*** Opening of THE RECORDS ***

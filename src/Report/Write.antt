-- ===== src/Report/Write.antt =====
-- src/library/tools/report.cc: a report as JSON, XML and HTML. What was put out before an exception
-- is not modelled. YAML, shell and CSV have no code.
use libudjat.Base.{
  ℕ, Bool, true, false, List, [], ◌∷◌, ◌++◌, ◌==◌, if◌then◌else◌, Bytes, codes, ◌>>=◌, Result, err,
  ok,
}
use libudjat.Report.{
  Cell, ReportError, Report, empty_cell, odd_cell, text_cell, timestamp_cell, signed_cell,
  state_cell, unsigned_cell, boolean_cell, real_cell, fraction_cell, cant_convert, past_end,
}
use libudjat.Value.{
  ValueType, undefined_type, string_type, timestamp_type, signed_type, unsigned_type, real_type,
  boolean_type, fraction_type, icon_type, url_type, state_type, string, icon, url,
}
use libudjat.Value.Text.{number_text, signed_text}

-- The texts of times and doubles by the stream, of the double by 100, and the translations.
pub record Style : Type 0 where
  pub time_text : ℕ → Bytes
  pub real_text : ℕ → Bytes
  pub percent_text : ℕ → Bytes
  pub yes : Bytes
  pub no : Bytes
  pub type_text : ValueType → Bytes

-- `Cell::serialize`
unfoldable pub serialize : Style → Cell → Result ReportError Bytes
unfolding signed_text
serialize f empty_cell = ok []
serialize f (odd_cell t) = err cant_convert
serialize f (text_cell t s) = ok s
serialize f (timestamp_cell n) = ok (f.time_text n)
serialize f (signed_cell n) = ok (signed_text n)
serialize f (boolean_cell n) = ok (if n == 0 then f.no else f.yes)
serialize f (unsigned_cell n) = ok (number_text n)
serialize f (state_cell n) = ok (number_text n)
serialize f (real_cell n) = ok (f.real_text n)
serialize f (fraction_cell n) = ok (f.percent_text n)

-- The `column` iterator before a cell: whether it is set back to the first header, the name it
-- points to then, and what is behind.
abbrev pub next_column : List Bytes → List Bytes → Result ReportError (Bool × Bytes × List Bytes)
next_column headers (h ∷ hs) = ok (false, h, hs)
next_column [] [] = err past_end
next_column (h ∷ hs) [] = ok (true, h, hs)

unfoldable pub json_cell : Style → Cell → Result ReportError Bytes
unfolding serialize
json_cell f empty_cell = ok (codes "false")
json_cell f (text_cell t s) = do out ← serialize f (text_cell t s); ok (b'"' ∷ (out ++ b'"' ∷ []))
json_cell f (timestamp_cell n) = do
  out ← serialize f (timestamp_cell n)
  ok (b'"' ∷ (out ++ b'"' ∷ []))
json_cell f (boolean_cell n) = ok (if n == 0 then codes "false" else codes "true")
json_cell f c = serialize f c

-- What stands before a name: the end of the last row, or a comma.
abbrev pub json_separator : Bool → Bool → Bytes
json_separator fresh sep = if fresh then codes "},{" else if sep then codes "," else []

unfoldable pub json_loop :
    Style → List Bytes → Bool → List Bytes → List Cell → Result ReportError Bytes
unfolding json_cell
json_loop f headers sep column [] = ok []
json_loop f headers sep column (c ∷ cells) = do
  (fresh, name, behind) ← next_column headers column
  here ← json_cell f c
  rest ← json_loop f headers true behind cells
  ok (json_separator fresh sep ++ (b'"' ∷ (name ++ (codes "\":" ++ (here ++ rest)))))

unfoldable pub to_json : Style → Report → Result ReportError Bytes
unfolding json_loop
to_json f r = elim r.cells [
  | [] ↦ ok (codes "[]")
  | c ∷ cells ↦ do
    inside ← json_loop f r.headers false r.headers (c ∷ cells)
    ok (codes "[{" ++ (inside ++ codes "}]"))
]

-- `to_xml`
abbrev pub xml_caption : Bytes → Bytes
xml_caption [] = []
xml_caption (c ∷ cs) = codes "<caption>" ++ ((c ∷ cs) ++ codes "</caption>")

unfoldable pub xml_loop : Style → List Bytes → List Bytes → List Cell → Result ReportError Bytes
unfolding serialize
xml_loop f headers column [] = ok []
xml_loop f headers column (c ∷ cells) = do
  (fresh, name, behind) ← next_column headers column
  here ← serialize f c
  rest ← xml_loop f headers behind cells
  ok (
      (if fresh then codes "</item><item>" else [])
      ++ (b'<' ∷ (name ++ (b'>' ∷ (here ++ (codes "</" ++ (name ++ (b'>' ∷ rest))))))))

unfoldable pub to_xml : Style → Report → Result ReportError Bytes
unfolding xml_loop
to_xml f r = elim r.cells [
  | [] ↦ ok (xml_caption r.caption)
  | c ∷ cells ↦ do
    inside ← xml_loop f r.headers r.headers (c ∷ cells)
    ok (xml_caption r.caption ++ (codes "<item>" ++ (inside ++ codes "</item>")))
]

-- `to_html`
abbrev pub cell_type : Cell → ValueType
cell_type empty_cell = undefined_type
cell_type (odd_cell t) = t
cell_type (text_cell string s) = string_type
cell_type (text_cell icon s) = icon_type
cell_type (text_cell url s) = url_type
cell_type (timestamp_cell n) = timestamp_type
cell_type (signed_cell n) = signed_type
cell_type (state_cell n) = state_type
cell_type (unsigned_cell n) = unsigned_type
cell_type (boolean_cell n) = boolean_type
cell_type (real_cell n) = real_type
cell_type (fraction_cell n) = fraction_type

abbrev pub cell_class : Style → Cell → Bytes
cell_class f (boolean_cell n) = if n == 0 then codes "false-value" else codes "true-value"
cell_class f c = f.type_text (cell_type c)

unfoldable pub html_loop : Style → List Bytes → List Bytes → List Cell → Result ReportError Bytes
unfolding serialize
html_loop f headers column [] = ok []
html_loop f headers column (c ∷ cells) = do
  (fresh, name, behind) ← next_column headers column
  here ← serialize f c
  rest ← html_loop f headers behind cells
  ok (
      (if fresh then codes "</tr><tr>" else [])
      ++ (codes "<td class=\""
          ++ (cell_class f c ++ (codes "\">" ++ (here ++ (codes "</td>" ++ rest))))))

abbrev pub html_headers : List Bytes → Bytes
html_headers [] = []
html_headers (h ∷ hs) = codes "<th>" ++ (h ++ (codes "</th>" ++ html_headers hs))

abbrev pub html_body : Style → Report → Result ReportError Bytes
unfolding html_loop
html_body f r = elim r.cells [
  | [] ↦ ok (codes "<tbody class=\"no-data\" />")
  | c ∷ cells ↦ do
    inside ← html_loop f r.headers r.headers (c ∷ cells)
    ok (codes "<tbody><tr>" ++ (inside ++ codes "</tr></tbody>"))
]

unfoldable pub to_html : Style → Report → Result ReportError Bytes
unfolding html_body
to_html f r = do
  body ← html_body f r
  ok (
      codes "<table>"
      ++ (xml_caption r.caption
          ++ (codes "<thead><tr>"
              ++ (html_headers r.headers
                  ++ (codes "</tr></thead>" ++ (body ++ codes "</table>"))))))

*** Close of THE RECORDS ***

### WHAT TO DO
In the listing above, locate the line containing "(b'>' ∷ rest))))))))" and the line containing "rest ← html_loop f headers behind cells". Transcribe those two lines and everything between them, exactly as written.

### OUTPUT OF THE TASK
      ++ (b'<' ∷ (name ++ (b'>' ∷ (here ++ (codes "</" ++ (name ++ (b'>' ∷ rest))))))))

unfoldable pub to_xml : Style → Report → Result ReportError Bytes
unfolding xml_loop
to_xml f r = elim r.cells [
  | [] ↦ ok (xml_caption r.caption)
  | c ∷ cells ↦ do
    inside ← xml_loop f r.headers r.headers (c ∷ cells)
    ok (xml_caption r.caption ++ (codes "<item>" ++ (inside ++ codes "</item>")))
]

-- `to_html`
abbrev pub cell_type : Cell → ValueType
cell_type empty_cell = undefined_type
cell_type (odd_cell t) = t
cell_type (text_cell string s) = string_type
cell_type (text_cell icon s) = icon_type
cell_type (text_cell url s) = url_type
cell_type (timestamp_cell n) = timestamp_type
cell_type (signed_cell n) = signed_type
cell_type (state_cell n) = state_type
cell_type (unsigned_cell n) = unsigned_type
cell_type (boolean_cell n) = boolean_type
cell_type (real_cell n) = real_type
cell_type (fraction_cell n) = fraction_type

abbrev pub cell_class : Style → Cell → Bytes
cell_class f (boolean_cell n) = if n == 0 then codes "false-value" else codes "true-value"
cell_class f c = f.type_text (cell_type c)

unfoldable pub html_loop : Style → List Bytes → List Bytes → List Cell → Result ReportError Bytes
unfolding serialize
html_loop f headers column [] = ok []
html_loop f headers column (c ∷ cells) = do
  (fresh, name, behind) ← next_column headers column
  here ← serialize f c
  rest ← html_loop f headers behind cells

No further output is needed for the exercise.